Da kann sich manche Feministin, die dort hinreist und erst einmal alles überstülpt, eine Scheibe abschneiden.

Hat die Auslandsreise Trump etwas Luft in den innenpolitischen Skandalen verschafft?

Nein, überhaupt nicht. Eine Amtsenthebung ist zwar noch weit entfernt, aber die Vorwürfe werden doch immer massiver:

Beugung der Justiz, die Konfrontation mit den Geheimdiensten, die mögliche russische Intervention im Wahlkampf und die Verquickung von privaten und wirtschaftlichen Interessen.

Hinzu kommt die fehlende Würde im Amt. Aber warten wir ab: Totgesagte leben länger. Beim harten Kern seiner Anhänger ist der Präsident immer noch sehr beliebt, da hat ihm das Auftreten im Ausland weiteren Respekt verschafft.

Wir sind jetzt etwas schlauer, was Trump wirklich will.

Zur Person: Prof.

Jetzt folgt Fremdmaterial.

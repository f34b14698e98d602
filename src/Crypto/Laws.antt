-- ===== src/Crypto/Laws.antt =====
-- What the callers of internal/crypto rely on.
use back_orbit.Base.{
  ℕ, zero, suc, ◌≤◌, ◌≡◌, ◌≢◌, refl, none, [], ◌∷◌, arith, Bytes, length, take, nat_eq, ok, err,
  List,
}
use back_orbit.Crypto.{
  decrypt_failed, Primitives, KdfParams, key_size, nonce_size, random_bytes, new_key, derive_key,
  seal, open_sealed, validate,
}

length-take : {A : Type 0} (n : ℕ) (xs : List A) → n ≤ length xs → length (take n xs) ≡ n
length-take zero xs h = refl
length-take (suc n) [] h = elim h [ ]
length-take (suc n) (x ∷ xs) h = omega (arith, length-take n xs)

pub random_bytes-length : (n : ℕ) (d b : Bytes) → random_bytes n d ≡ ok b → length b ≡ n
unfolding random_bytes
random_bytes-length n d b h = ground (arith, length-take n d)

pub new_key-length : (d k : Bytes) → new_key d ≡ ok k → length k ≡ key_size
unfolding new_key
new_key-length d k h = random_bytes-length key_size d k h

module _ (c : Primitives) where
  pub derive_key-length :
      (passphrase salt : Bytes) (p : KdfParams) (k : Bytes)
      → derive_key c passphrase salt p ≡ ok k
      → length k ≡ key_size
  unfolding derive_key validate
  derive_key-length passphrase salt p k h =
      ground (arith, c.id_key_length passphrase salt p.time_cost p.memory_kib p.parallelism)

  -- What is sealed opens to the same bytes, with the key, the nonce and the associated data it was
  -- sealed with.
  pub open_sealed-seal :
      (key plaintext associated delivered ciphertext nonce : Bytes)
      → seal c key plaintext associated delivered ≡ ok (ciphertext, nonce)
      → open_sealed c key ciphertext nonce associated ≡ ok plaintext
  unfolding seal open_sealed
  open_sealed-seal key plaintext associated delivered ciphertext nonce h = ground (
    arith,
    c.aead_open_seal key nonce plaintext associated,
    random_bytes-length nonce_size delivered nonce,
  )

  pub seal-key_size :
      (key plaintext associated delivered : Bytes) {r : Bytes × Bytes}
      → seal c key plaintext associated delivered ≡ ok r
      → length key ≡ key_size
  unfolding seal
  seal-key_size key plaintext associated delivered h = ground arith

  pub open_sealed-none :
      (key ciphertext nonce associated : Bytes)
      → length key ≡ key_size
      → length nonce ≡ nonce_size
      → c.aead_open key nonce ciphertext associated ≡ none
      → open_sealed c key ciphertext nonce associated ≡ err decrypt_failed
  unfolding open_sealed
  open_sealed-none key ciphertext nonce associated hk hn e = ground arith

-- The authentication of the associated data, as AEADs document it: what was sealed with some
-- associated data does not open with other. It is a hypothesis where it is used.
abbrev pub BindsAssociated : Primitives → Type 0
BindsAssociated c =
    (key nonce plaintext associated other : Bytes)
    → associated ≢ other
    → c.aead_open key nonce (c.aead_seal key nonce plaintext associated) other ≡ none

Christian Hacke (Jg. 1943) war als Professor an der Universität der Bundeswehr Hamburg und der Rheinischen Friedrich-Wilhelms-Universität Bonn tätig. Der Politikwissenschaftler befasst sich u.a. mit amerikanischer Geschichte und Außenpolitik sowie den transatlantischen Beziehungen.